Educación al turismo

Después de un par de semanas en Corfú siguiendo las huellas literarias de la familia Durrell, este verano también he llegado a la Costa del Sol, donde la familia de mi marido pasa las vacaciones.

Como un náufrago en el mar del turismo masivo, me he perdido entre decenas de complejos turísticos idénticos, sin centro ni historia, donde la plaza principal es el supermercado abarrotado de turistas sin camiseta y bares que ofrecen cerveza a todas horas.

Entre circunvalaciones que hay que cruzar a pie para ir a la playa, restaurantes chinos y dentistas baratos para extranjeros, he encontrado refugio en paseos solitarios al amanecer, empujando el cochecito de mi hija entre aparcamientos y urbanizaciones, sin dejar de preguntarme el porqué de tanto desperdicio de belleza y de Mediterráneo.

Frente a los cientos de kilómetros del sur de España donde, desde los años sesenta, el volcán del turismo masivo ha vomitado toneladas de cemento, es imposible no pensar en el mito de Ícaro, el desafortunado hijo de Dédalo, el arquitecto del laberinto de Cnosos: por acercarse demasiado al sol, el pobre terminó quemado. En el caso de la desmesura turística que infesta las costas, no solo de España sino de toda Europa, lo que se reduce a cenizas por el ansia de sol es la maravilla y la armonía, devoradas por apartamentos turísticos diseñados por arquitectos mucho más perversos que el antiguo Dédalo.

El exceso de turismo es una de las enfermedades más graves que sufre nuestra Europa, transformada en un parque de atracciones por una economía codiciosa y sin piedad. Desde Venecia con su 'ticket' de entrada hasta las recientes protestas contra Airbnb en Barcelona, la calidad de vida en muchas ciudades europeas se ha convertido en un eslalon entre centros comerciales, 'tours' organizados en patinete eléctrico y pizzas al corte malolientes.

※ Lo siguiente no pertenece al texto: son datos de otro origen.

-- ===== src/Wm/Kept.antt =====
-- What windows keep where src/main.c focuses and arranges.
use monowm.Base.{
  ℕ, ◌≡◌, refl, ◌∙◌, inl, inr, false, Option, none, some, List, map, ◌==◌, if◌then◌else◌, arith,
  map-same, Bool-cases, Option-cases, shares,
}
use monowm.Wm.State.{Client, Monitor, Server, tagset, find_client, find_mon, update_client}
use monowm.Wm.Focus.{focusclient, raise_focus, focus_some}
use monowm.Wm.Arrange.{
  arrange, arrange_mon, canvas_layout, canvas_leave, leave_hidden_canvas, enter_canvas,
}

-- A part of every window, in the order of the list.
abbrev pub each_client : {A : Type 0} → (Client → A) → Server → List A
each_client g s = map g s.clients

module _ {A : Type 0} (g : Client → A) where
  pub update_client-each :
      (k : ℕ) (f : Client → Client) (same : (c : Client) → g (f c) ≡ g c) (s : Server)
      → each_client g (update_client k f s) ≡ each_client g s
  update_client-each k f same s =
      map-same g (λ c. if c.id == k then f c else c) (λ c. ground (arith, same c)) s.clients

  module _ (calm : (c : Client) → g (record c { isurgent = false }) ≡ g c) where
    raise_focus-each : (s : Server) (c : Client) → each_client g (raise_focus s c) ≡ each_client g s
    unfolding raise_focus
    raise_focus-each s c = elim (Option-cases c.mon) [
      | inl e ↦
          rw (e, raise_focus) (update_client-each c.id (λ d. record d { isurgent = false }) calm s)
      | inr (k, e) ↦
          ground (arith, e, update_client-each c.id (λ d. record d { isurgent = false }) calm s)
    ]

    pub focusclient-each :
        (s : Server) (k : Option ℕ) → each_client g (focusclient s k) ≡ each_client g s
    unfolding focusclient
    focusclient-each s none = ground arith
    focusclient-each s (some k) = elim (Option-cases (find_client s k)) [
      | inl e ↦ rw (e, focus_some) (ground arith)
      | inr (c, e) ↦ ground (arith, e, raise_focus-each s c)
    ]

  module _ (leaves : (c : Client) → g (canvas_leave c) ≡ g c)
      (enters : (m : Monitor) (c : Client) → g (enter_canvas m c) ≡ g c) where
    leave_hidden_canvas-each : (m : Monitor) (c : Client) → g (leave_hidden_canvas m c) ≡ g c
    unfolding leave_hidden_canvas
    leave_hidden_canvas-each m c = ground (arith, leaves c)

    arrange_mon-each :
        (m : Monitor) (s : Server) → each_client g (arrange_mon m s) ≡ each_client g s
    unfolding arrange_mon canvas_layout
    arrange_mon-each m s =
        let left = map-same g (leave_hidden_canvas m) (leave_hidden_canvas-each m) s.clients in
        elim (Bool-cases (shares m.canvas_tags (tagset m))) [
          | inl e ↦ rw e (
              map-same g (enter_canvas m) (enters m) (map (leave_hidden_canvas m) s.clients) ∙ left)
          | inr e ↦ rw e left
        ]

    pub arrange-each : (s : Server) (k : ℕ) → each_client g (arrange s k) ≡ each_client g s
    unfolding arrange
    arrange-each s k = elim (Option-cases (find_mon s k)) [
      | inl e ↦ rw (e, arrange) refl
      | inr (m, e) ↦ ground (arith, e, arrange_mon-each m s)
    ]
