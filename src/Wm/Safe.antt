-- ===== src/Wm/Safe.antt =====
-- When the tag sets of src/main.c are sound, and tag sets under focusing and arranging.
use monowm.Base.{ℕ, ◌^◌, ◌<◌, ◌≡◌, refl, ◌∙◌, Option, List, map, arith, All}
use monowm.Wm.State.{Client, Monitor, Server, find_mon, focustop, tagcount}
use monowm.Wm.Focus.{focusclient}
use monowm.Wm.Arrange.{arrange, canvas_leave, enter_canvas}
use monowm.Wm.Tags.{refocus}
use monowm.Wm.Kept.{focusclient-each, arrange-each}
use monowm.Wm.Views.{View, views, refocus-views}

-- Some tag, and no bit that is no tag.
abbrev pub IsTagset : ℕ → Type 0
IsTagset t = (0 < t) × (t < 2 ^ tagcount)

abbrev pub IsView : View → Type 0
IsView v = IsTagset v.tagset0 × IsTagset v.tagset1

abbrev pub client_tags : Server → List ℕ
client_tags s = map (λ (c : Client). c.tags) s.clients

-- Every tag set of a monitor and of a window is one.
pub record Tagged (vs : List View) (ts : List ℕ) : Type 0 where
  pub mons_tagged : All IsView vs
  pub clients_tagged : All IsTagset ts

abbrev pub IsTagged : Server → Type 0
IsTagged s = Tagged (views s) (client_tags s)

pub focusclient-tags : (s : Server) (k : Option ℕ) → client_tags (focusclient s k) ≡ client_tags s
focusclient-tags = focusclient-each (λ c. c.tags) (λ c. refl)

pub canvas_leave-tags : (c : Client) → (canvas_leave c).tags ≡ c.tags
unfolding canvas_leave
canvas_leave-tags c = ground arith

enter_canvas-tags : (m : Monitor) (c : Client) → (enter_canvas m c).tags ≡ c.tags
unfolding enter_canvas
enter_canvas-tags m c = ground arith

pub arrange-tags : (s : Server) (k : ℕ) → client_tags (arrange s k) ≡ client_tags s
arrange-tags = arrange-each (λ c. c.tags) canvas_leave-tags enter_canvas-tags

refocus-tags : (s : Server) (k : ℕ) → client_tags (refocus s k) ≡ client_tags s
unfolding refocus
refocus-tags s k =
    arrange-tags (focusclient s (focustop s (find_mon s k))) k
    ∙ focusclient-tags s (focustop s (find_mon s k))

-- Focusing and arranging change no tag set.
pub refocus-IsTagged : (s : Server) (k : ℕ) → IsTagged s → IsTagged (refocus s k)
refocus-IsTagged s k h = rw (refocus-views s k, refocus-tags s k) h
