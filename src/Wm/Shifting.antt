-- ===== src/Wm/Shifting.antt =====
-- viewshift of src/main.c: the tag that it shows.
use native.Mathlib.Nat.{pow-suc}
use monowm.Base.{
  and_low, pow_pos, pow-lt, ℕ, zero, suc, ◌/◌, ◌%◌, ◌^◌, ◌<◌, ◌≡◌, refl, ap, ◌∙◌, some, arith,
  ==_ne, bit_and, ℤ, pos, negsuc, sym, subst, ◌≢◌, ◌+◌, ◌-◌, ◌*◌, inl, inr, true, false, Bool-cases,
  ltb, ◌==◌, test_bit, test_bit-and, test_bit-pow, test_bit-zero, test_bit-low, test_bit-suc,
}
use monowm.Wm.State.{Monitor, Server, tagset, selected, tag_mask, tagcount, lowest}
use monowm.Wm.Tags.{view, viewshift, shift_idx, first_idx}
use monowm.Wm.Showing.{Shows, view-Shows}

pow_low : (i : ℕ) → i < tagcount → bit_and (2 ^ i) tag_mask ≡ 2 ^ i
pow_low i l = and_low tagcount (2 ^ i) (pow-lt tagcount i l)

lowest-pow : (n i : ℕ) → i < n → lowest n (2 ^ i) ≡ i
unfolding lowest
lowest-pow zero i l = elim l [ ]
lowest-pow (suc n) zero l = refl
lowest-pow (suc n) (suc i) l =
    let half : 2 ^ suc i / 2 ≡ 2 ^ i = omega (arith, pow-suc 2 i) in
    let even : 2 ^ suc i % 2 ≡ 0 = omega (arith, pow-suc 2 i) in
    rw (half, even) (ap suc (lowest-pow n i (omega arith)))

first_idx-pow : (i : ℕ) → i < tagcount → first_idx (2 ^ i) ≡ i
unfolding first_idx
first_idx-pow i l =
    rw (pow_low i l, ==_ne (2 ^ i) 0 (λ e. absurd (omega (arith, pow_pos i))))
      (lowest-pow tagcount i l)

-- The opposite shift.
abbrev pub back_by : ℤ → ℤ
back_by (pos zero) = pos 0
back_by (pos (suc n)) = negsuc n
back_by (negsuc n) = pos (suc n)

pub shift_idx-lt : (i : ℕ) (d : ℤ) → shift_idx i d < tagcount
unfolding shift_idx
shift_idx-lt i (pos n) = omega arith
shift_idx-lt i (negsuc n) = ground arith

-- Shifting back returns to the index that one came from.
pub shift_idx-back : (i : ℕ) (d : ℤ) → i < tagcount → shift_idx (shift_idx i d) (back_by d) ≡ i
unfolding shift_idx
shift_idx-back i (pos zero) l = omega arith
shift_idx-back i (pos (suc n)) l = ground arith
shift_idx-back i (negsuc n) l = ground arith

pub viewshift-view :
    (s : Server) (m : Monitor) (d : ℤ)
    → selected s ≡ some m
    → viewshift s d ≡ view s (2 ^ shift_idx (first_idx (tagset m)) d)
unfolding viewshift view
viewshift-view s m d h = rw h refl

viewshift-shown :
    (s : Server) (m : Monitor) (d : ℤ)
    → selected s ≡ some m
    → Shows (viewshift s d) (2 ^ shift_idx (first_idx (tagset m)) d)
viewshift-shown s m d h =
    let j = shift_idx (first_idx (tagset m)) d in
    let low = pow_low j (shift_idx-lt (first_idx (tagset m)) d) in
    let (n, hn, e) = view-Shows s m (2 ^ j) h (omega (arith, low, pow_pos j)) in
    (n, ap selected (viewshift-view s m d h) ∙ hn, e ∙ low)

-- The lowest of some tags.
pub record IsFirst (i tags : ℕ) : Type 0 where
  pub bound : i < tagcount
  pub set : test_bit tags i ≡ true
  pub lower : (j : ℕ) → j < i → test_bit tags j ≡ false

lowest-first :
    (n i t : ℕ)
    → i < n
    → test_bit t i ≡ true
    → ((j : ℕ) → j < i → test_bit t j ≡ false)
    → lowest n t ≡ i
unfolding lowest
lowest-first zero i t l h below = absurd (omega (arith, l))
lowest-first (suc n) zero t l h below = let odd = sym (test_bit-low t) ∙ h in rw odd refl
lowest-first (suc n) (suc i) t l h below =
    let even = sym (test_bit-low t) ∙ below 0 (omega arith) in
    rw even (
      ap suc (
        lowest-first n i (t / 2) (omega (arith, l)) (sym (test_bit-suc t i) ∙ h)
          (λ j k. sym (test_bit-suc t j) ∙ below (suc j) (omega (arith, k)))))

mask_bit : (i : ℕ) → i < tagcount → test_bit tag_mask i ≡ true
mask_bit i l =
    let one : test_bit (2 ^ i) i ≡ true = ground (arith, test_bit-pow i i) in
    let both =
      sym (test_bit-and (2 ^ i) tag_mask i) ∙ ap (λ (a : ℕ). test_bit a i) (pow_low i l) ∙ one in
    ground (arith, both, one)

first_idx-IsFirst : (i t : ℕ) → IsFirst i t → first_idx t ≡ i
unfolding first_idx
first_idx-IsFirst i t h =
    let u = bit_and t tag_mask in
    let kept : test_bit u i ≡ true =
      ground (arith, test_bit-and t tag_mask i, mask_bit i h.bound, h.set) in
    let some_tag : u ≢ 0 =
      λ e. absurd (let q = sym kept ∙ ap (λ (a : ℕ). test_bit a i) e ∙ test_bit-zero i in cc) in
    rw (==_ne u 0 some_tag) (
      lowest-first tagcount i u h.bound kept
        (λ j l. ground (arith, test_bit-and t tag_mask j, h.lower j l)))

-- `j` stands `d` places after `i`, counted round the nine tags.
abbrev pub IsPlace : ℕ → ℤ → ℕ → Type 0
IsPlace i (pos n) j = (rounds : ℕ) × (i + n ≡ j + rounds * tagcount)
IsPlace i (negsuc n) j = (rounds : ℕ) × (i + rounds * tagcount ≡ j + suc n)

shift_idx-IsPlace : (i : ℕ) (d : ℤ) → i < tagcount → IsPlace i d (shift_idx i d)
unfolding shift_idx
shift_idx-IsPlace i (pos n) l = ((i + n) / tagcount, omega arith)
shift_idx-IsPlace i (negsuc n) l = elim (Bool-cases (ltb i (suc n))) [
  | inr e ↦ (0, rw e (ground (arith, e)))
  | inl e ↦ elim (Bool-cases ((suc n - i) % tagcount == 0)) [
    | inl f ↦ ((suc n - i) / tagcount, rw (e, f) (ground (arith, e, f)))
    | inr f ↦ (suc ((suc n - i) / tagcount), rw (e, f) (ground (arith, e, f)))
  ]
]

-- If a monitor is selected and its first tag shown has the index i, viewshift by d shows one tag
-- alone, whose index j is below nine with j = i + d up to a multiple of nine. The sum does not
-- overflow.
pub viewshift_lem :
    (s : Server) (m : Monitor) (d : ℤ) (i : ℕ)
    → selected s ≡ some m
    → IsFirst i (tagset m)
    → (j : ℕ) × (j < tagcount) × IsPlace i d j × Shows (viewshift s d) (2 ^ j)
viewshift_lem s m d i h first =
    let same = first_idx-IsFirst i (tagset m) first in
    (
      shift_idx i d,
      shift_idx-lt i d,
      shift_idx-IsPlace i d first.bound,
      subst (λ (k : ℕ). Shows (viewshift s d) (2 ^ shift_idx k d)) same (viewshift-shown s m d h),
    )

-- If a monitor is selected and shows one tag alone, shifting the view and then shifting it by
-- the opposite number shows that tag again.
pub viewshift_back :
    (s : Server) (m : Monitor) (d : ℤ) (i : ℕ)
    → selected s ≡ some m
    → i < tagcount
    → tagset m ≡ 2 ^ i
    → Shows (viewshift (viewshift s d) (back_by d)) (tagset m)
viewshift_back s m d i h l e =
    let (n, hn, shown) = viewshift-shown s m d h in
    let first : first_idx (tagset m) ≡ i = rw e (first_idx-pow i l) in
    let next : first_idx (tagset n) ≡ shift_idx i d =
      rw (shown, first) (first_idx-pow (shift_idx i d) (shift_idx-lt i d)) in
    let (k, hk, again) = viewshift-shown (viewshift s d) n (back_by d) hn in
    (k, hk, rw (again, next, shift_idx-back i d l, e) refl)
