-- ===== src/Wm/Actions.antt =====
-- Tag sets under the actions on tags and views of src/main.c.
use Prim.Native.Nat.{bit_xor}
use monowm.Base.{
  subst, ℕ, ◌^◌, ◌<◌, ◌≡◌, refl, sym, inl, inr, Bool, ◌||◌, Option, none, some, List, [], ◌∷◌, map,
  ◌==◌, if◌then◌else◌, find_by, arith, All, Bool-cases, Option-cases, bit_and, and-lt, xor-lt, ℤ,
}
use monowm.Wm.State.{
  Layout, Client, Monitor, Server, tagset, set_tagset, find_mon, selected, update_mon,
  update_client, focustop, tag_mask, tagcount,
}
use monowm.Wm.Arrange.{arrange}
use monowm.Wm.Tags.{
  view, viewed, toggleview, viewshift, settags, settags_of, settags_on, client_at,
  dwindle_remove_client, forget_leaf, retag, tag, toggletag, tagshift, setlayout, choose_layout,
  layout_at, sel, with_sel, shift_idx, first_idx,
}
use monowm.Wm.Views.{View, view_of, views, arrange-views}
use monowm.Wm.Showing.{selected_at}
use monowm.Wm.Shifting.{viewshift-view}
use monowm.Wm.Safe.{IsTagset, IsView, IsTagged, refocus-IsTagged, arrange-tags}

-- Changing monitors, where each change keeps a sound view sound.
pub update_mon-IsTagged :
    (k : ℕ) (f : Monitor → Monitor) (s : Server)
    → ((m : Monitor) → IsView (view_of m) → IsView (view_of (f m)))
    → IsTagged s
    → IsTagged (update_mon k f s)
update_mon-IsTagged k f s good h = record {
  mons_tagged = go s.mons h.mons_tagged;
  clients_tagged = h.clients_tagged;
}
  where
    go :
        (ms : List Monitor)
        → All IsView (map view_of ms)
        → All IsView (map view_of (map (λ m. if m.id == k then f m else m) ms))
    go [] p = tt
    go (m ∷ ms) p = elim (Bool-cases (m.id == k)) [
      | inl e ↦ rw e (good m p.0, go ms p.1)
      | inr e ↦ rw e (p.0, go ms p.1)
    ]

-- Changing windows likewise.
pub update_client-IsTagged :
    (k : ℕ) (f : Client → Client) (s : Server)
    → ((c : Client) → IsTagset c.tags → IsTagset (f c).tags)
    → IsTagged s
    → IsTagged (update_client k f s)
update_client-IsTagged k f s good h = record {
  mons_tagged = h.mons_tagged;
  clients_tagged = go s.clients h.clients_tagged;
}
  where
    go :
        (cs : List Client)
        → All IsTagset (map (λ (c : Client). c.tags) cs)
        → All IsTagset (map (λ (c : Client). c.tags) (map (λ c. if c.id == k then f c else c) cs))
    go [] p = tt
    go (c ∷ cs) p = elim (Bool-cases (c.id == k)) [
      | inl e ↦ rw e (good c p.0, go cs p.1)
      | inr e ↦ rw e (p.0, go cs p.1)
    ]

pub masked : (ui : ℕ) → bit_and ui tag_mask < 2 ^ tagcount
masked ui = and-lt tagcount ui tag_mask (omega arith)

viewed-IsView :
    (t : ℕ) (m : Monitor) → t < 2 ^ tagcount → IsView (view_of m) → IsView (view_of (viewed t m))
unfolding viewed
viewed-IsView t m l h = ground arith

pub view-IsTagged : (s : Server) (ui : ℕ) → IsTagged s → IsTagged (view s ui)
unfolding view
view-IsTagged s ui h = elim (Option-cases (selected s)) [
  | inl e ↦ rw e h
  | inr (m, e) ↦ rw e (elim (Bool-cases (bit_and ui tag_mask == tagset m)) [
    | inl f ↦ rw f h
    | inr f ↦ rw f (
        refocus-IsTagged (update_mon m.id (viewed (bit_and ui tag_mask)) s) m.id (
          update_mon-IsTagged m.id (viewed (bit_and ui tag_mask)) s
            (λ n. viewed-IsView (bit_and ui tag_mask) n (masked ui)) h))
  ])
]

-- The tag set of a monitor that was found.
found-IsTagset :
    (ms : List Monitor) (t : Monitor → Bool) (m : Monitor)
    → find_by t ms ≡ some m
    → All IsView (map view_of ms)
    → IsTagset (tagset m)
found-IsTagset [] t m e p = cc
found-IsTagset (n ∷ ms) t m e p = elim (Bool-cases (t n)) [
  | inl f ↦ let same : n ≡ m = (let q = rw f at e in cc) in rw (← same) (ground (arith, p.0))
  | inr f ↦ found-IsTagset ms t m (rw f at e) p.1
]

pub find_mon-IsTagset :
    (s : Server) (k : ℕ) (m : Monitor) → find_mon s k ≡ some m → IsTagged s → IsTagset (tagset m)
find_mon-IsTagset s k m e h = found-IsTagset s.mons (λ n. n.id == k) m e h.mons_tagged

set_tagset-IsView :
    (t : ℕ) (m : Monitor) → IsTagset t → IsView (view_of m) → IsView (view_of (set_tagset t m))
set_tagset-IsView t m k h = ground arith

pub toggleview-IsTagged : (s : Server) (ui : ℕ) → IsTagged s → IsTagged (toggleview s ui)
unfolding toggleview
toggleview-IsTagged s ui h = elim (Option-cases (selected s)) [
  | inl e ↦ rw e h
  | inr (m, e) ↦
      let t = bit_xor (tagset m) (bit_and ui tag_mask) in
      let was = find_mon-IsTagset s m.id m (selected_at s m e).1 h in
      rw e (elim (Bool-cases (t == 0)) [
        | inl f ↦ rw f h
        | inr f ↦
            let new : IsTagset t =
              (ground arith, xor-lt tagcount (tagset m) (bit_and ui tag_mask) was.1 (masked ui)) in
            rw f (
              refocus-IsTagged (update_mon m.id (set_tagset t) s) m.id
                (update_mon-IsTagged m.id (set_tagset t) s (λ n. set_tagset-IsView t n new) h))
      ])
]

pub viewshift-IsTagged : (s : Server) (d : ℤ) → IsTagged s → IsTagged (viewshift s d)
unfolding viewshift
viewshift-IsTagged s d h = elim (Option-cases (selected s)) [
  | inl e ↦ rw e h
  | inr (m, e) ↦
      rw (viewshift-view s m d e) (view-IsTagged s (2 ^ shift_idx (first_idx (tagset m)) d) h)
]

dwindle_remove_client-views : (s : Server) (k : ℕ) → views (dwindle_remove_client s k) ≡ views s
unfolding dwindle_remove_client forget_leaf
dwindle_remove_client-views s k = go s.mons
  where
    go : (ms : List Monitor) → map view_of (map (forget_leaf k) ms) ≡ map view_of ms
    go [] = refl
    go (m ∷ ms) = rw (go ms) refl

settags_of-IsTagged :
    (s : Server) (o : Option Client) (t : ℕ)
    → t < 2 ^ tagcount
    → IsTagged s
    → IsTagged (settags_of s o t)
unfolding settags_on
settags_of-IsTagged s none t l h = h
settags_of-IsTagged s (some c) t l h = elim (Option-cases c.mon) [
  | inl e ↦ rw e h
  | inr (k, e) ↦ rw e (elim (Bool-cases (t == 0 || c.tags == t)) [
    | inl f ↦ rw f h
    | inr f ↦ rw f (changed k (ground arith))
  ])
]
  where
    changed : (k : ℕ) → 0 < t → IsTagged (settags_on s c k t)
    changed k p = refocus-IsTagged (update_client c.id (retag t) (dwindle_remove_client s c.id)) k (
        update_client-IsTagged c.id (retag t) (dwindle_remove_client s c.id) (λ d q. (p, l))
          (rw (dwindle_remove_client-views s c.id) h))

pub settags-IsTagged : (s : Server) (k : Option ℕ) (t : ℕ) → IsTagged s → IsTagged (settags s k t)
unfolding settags
settags-IsTagged s k t h = settags_of-IsTagged s (client_at s k) (bit_and t tag_mask) (masked t) h

pub tag-IsTagged : (s : Server) (ui : ℕ) → IsTagged s → IsTagged (tag s ui)
unfolding tag
tag-IsTagged s ui h = settags-IsTagged s (focustop s (selected s)) ui h

pub with_sel-IsTagged :
    (s : Server) (o : Option Client) (f : Client → Server)
    → ((c : Client) → IsTagged (f c))
    → IsTagged s
    → IsTagged (with_sel s o f)
with_sel-IsTagged s none f good h = h
with_sel-IsTagged s (some c) f good h = good c

pub toggletag-IsTagged : (s : Server) (ui : ℕ) → IsTagged s → IsTagged (toggletag s ui)
unfolding toggletag
toggletag-IsTagged s ui h =
    with_sel-IsTagged s (sel s) _
      (λ c. settags-IsTagged s (some c.id) (bit_xor c.tags (bit_and ui tag_mask)) h) h

pub tagshift-IsTagged : (s : Server) (d : ℤ) → IsTagged s → IsTagged (tagshift s d)
unfolding tagshift
tagshift-IsTagged s d h =
    with_sel-IsTagged s (sel s) _ (λ c. tag-IsTagged s (2 ^ shift_idx (first_idx c.tags) d) h) h

choose_layout-view : (l : Option Layout) (m : Monitor) → view_of (choose_layout l m) ≡ view_of m
unfolding choose_layout
choose_layout-view none m = refl
choose_layout-view (some l) m = ground arith

pub arrange-IsTagged : (s : Server) (k : ℕ) → IsTagged s → IsTagged (arrange s k)
arrange-IsTagged s k h = rw (arrange-views s k, arrange-tags s k) h

pub setlayout-IsTagged : (s : Server) (i : Option ℕ) → IsTagged s → IsTagged (setlayout s i)
unfolding setlayout
setlayout-IsTagged s i h = elim (Option-cases (selected s)) [
  | inl e ↦ rw e h
  | inr (m, e) ↦ rw e (
      arrange-IsTagged (update_mon m.id (choose_layout (layout_at i)) s) m.id (
        update_mon-IsTagged m.id (choose_layout (layout_at i)) s
          (λ n p. subst (λ (v : View). IsView v) (sym (choose_layout-view (layout_at i) n)) p) h))
]
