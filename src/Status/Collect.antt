-- ===== src/Status/Collect.antt =====
-- status_collect of src/main.c: what is counted of the windows of an output.
use monowm.Base.{
  ℕ, suc, ◌+◌, ◌<◌, ◌≡◌, refl, Bool, ◌&&◌, ◌||◌, Option, none, some, List, [], ◌∷◌, if◌then◌else◌,
  ltb, any_of, keep, length, bit_or, shares, shares-pow, ◌^◌, test_bit, test_bit-or, test_bit-zero,
  arith, Bool-cases, inl, inr,
}
use monowm.Wm.State.{Client, Monitor, Server, opt_eq, focustop, tagcount}
use monowm.Wm.Tags.{client_at}

pub record MonitorStatus : Type 0 where
  pub focused : Option ℕ
  pub selected : ℕ
  pub occupied : ℕ
  pub urgent : ℕ
  pub counts : ℕ → ℕ

-- The body of the loop, for a window of the output.
unfoldable pub count_client : Client → MonitorStatus → MonitorStatus
count_client c st = record st {
  occupied = bit_or st.occupied c.tags;
  urgent = if c.isurgent then bit_or st.urgent c.tags else st.urgent;
  counts = λ t. if ltb t tagcount && shares c.tags (2 ^ t) then suc (st.counts t) else st.counts t;
}

unfoldable pub collect : Monitor → List Client → MonitorStatus → MonitorStatus
unfolding count_client
collect m [] st = st
collect m (c ∷ cs) st = collect m cs (if opt_eq c.mon m.id then count_client c st else st)

abbrev pub selected_tags : Option Client → ℕ
selected_tags none = 0
selected_tags (some c) = c.tags

unfoldable pub status_collect : Server → Monitor → MonitorStatus
unfolding collect focustop
status_collect s m = collect m s.clients (record {
  focused = focustop s (some m);
  selected = selected_tags (client_at s (focustop s (some m)));
  occupied = 0;
  urgent = 0;
  counts = λ t. 0;
})

-- Whether a window is on a tag of an output.
abbrev pub on_tag : Monitor → ℕ → Client → Bool
on_tag m i c = opt_eq c.mon m.id && test_bit c.tags i

abbrev pub urgent_on_tag : Monitor → ℕ → Client → Bool
urgent_on_tag m i c = opt_eq c.mon m.id && c.isurgent && test_bit c.tags i

module _ (m : Monitor) (i : ℕ) where
  collect-occupied :
      (cs : List Client) (st : MonitorStatus)
      → test_bit (collect m cs st).occupied i ≡ (test_bit st.occupied i || any_of (on_tag m i) cs)
  unfolding collect
  collect-occupied [] st = ground arith
  collect-occupied (c ∷ cs) st = elim (Bool-cases (opt_eq c.mon m.id)) [
    | inl e ↦
        rw e (
          ground (arith, collect-occupied cs (count_client c st), test_bit-or st.occupied c.tags i))
    | inr e ↦ rw (e, collect) (collect-occupied cs st)
  ]

  collect-urgent :
      (cs : List Client) (st : MonitorStatus)
      → test_bit (collect m cs st).urgent i
        ≡ (test_bit st.urgent i || any_of (urgent_on_tag m i) cs)
  unfolding collect
  collect-urgent [] st = ground arith
  collect-urgent (c ∷ cs) st = elim (Bool-cases (opt_eq c.mon m.id)) [
    | inl e ↦
        rw e (ground (arith, collect-urgent cs (count_client c st), test_bit-or st.urgent c.tags i))
    | inr e ↦ rw (e, collect) (collect-urgent cs st)
  ]

  collect-counts :
      (cs : List Client) (st : MonitorStatus)
      → i < tagcount
      → (collect m cs st).counts i ≡ st.counts i + length (keep (on_tag m i) cs)
  unfolding collect
  collect-counts [] st l = omega arith
  collect-counts (c ∷ cs) st l = elim (Bool-cases (opt_eq c.mon m.id)) [
    | inl e ↦ rw e (ground (arith, collect-counts cs (count_client c st), shares-pow c.tags i))
    | inr e ↦ rw (e, collect) (collect-counts cs st l)
  ]

-- For each of the nine tags, status_collect finds the tag occupied exactly if a window of the
-- output has it, urgent exactly if an urgent window of the output has it, and counts the windows
-- of the output that have it.
pub status_collect_lem :
    (s : Server) (m : Monitor) (i : ℕ)
    → i < tagcount
    → (test_bit (status_collect s m).occupied i ≡ any_of (on_tag m i) s.clients)
      × (test_bit (status_collect s m).urgent i ≡ any_of (urgent_on_tag m i) s.clients)
      × ((status_collect s m).counts i ≡ length (keep (on_tag m i) s.clients))
unfolding status_collect
status_collect_lem s m i l =
    let st : MonitorStatus = record {
      focused = focustop s (some m);
      selected = selected_tags (client_at s (focustop s (some m)));
      occupied = 0;
      urgent = 0;
      counts = λ t. 0;
    } in
    (
      ground (arith, collect-occupied m i s.clients st, test_bit-zero i),
      ground (arith, collect-urgent m i s.clients st, test_bit-zero i),
      ground (arith, collect-counts m i s.clients st l),
    )

any-keep : (p : Client → Bool) (cs : List Client) → any_of p cs ≡ ltb 0 (length (keep p cs))
any-keep p [] = refl
any-keep p (c ∷ cs) = ground (arith, any-keep p cs)

-- A tag is occupied exactly if some window is counted on it.
pub occupied-counts :
    (s : Server) (m : Monitor) (i : ℕ)
    → i < tagcount
    → test_bit (status_collect s m).occupied i ≡ ltb 0 ((status_collect s m).counts i)
occupied-counts s m i l =
    let (a, b, c) = status_collect_lem s m i l in rw (a, c) (any-keep (on_tag m i) s.clients)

El diccionario francés 'Le Robert' ha incorporado el término 'surtourisme', es decir 'exceso de turismo', como nueva palabra para el año 2025, con el 85 por ciento de los turistas mundiales repartiéndose los centímetros de apenas el 5 por ciento del planeta. Un problema no solo de orden social y ecológico, sino sobre todo económico: difícil dar marcha atrás tras décadas de construcciones salvajes y corrupción, de inversiones municipales que rozan la prostitución turística, de una generación de jóvenes desempleados condenados a ser camareros o gestores de pisos turísticos.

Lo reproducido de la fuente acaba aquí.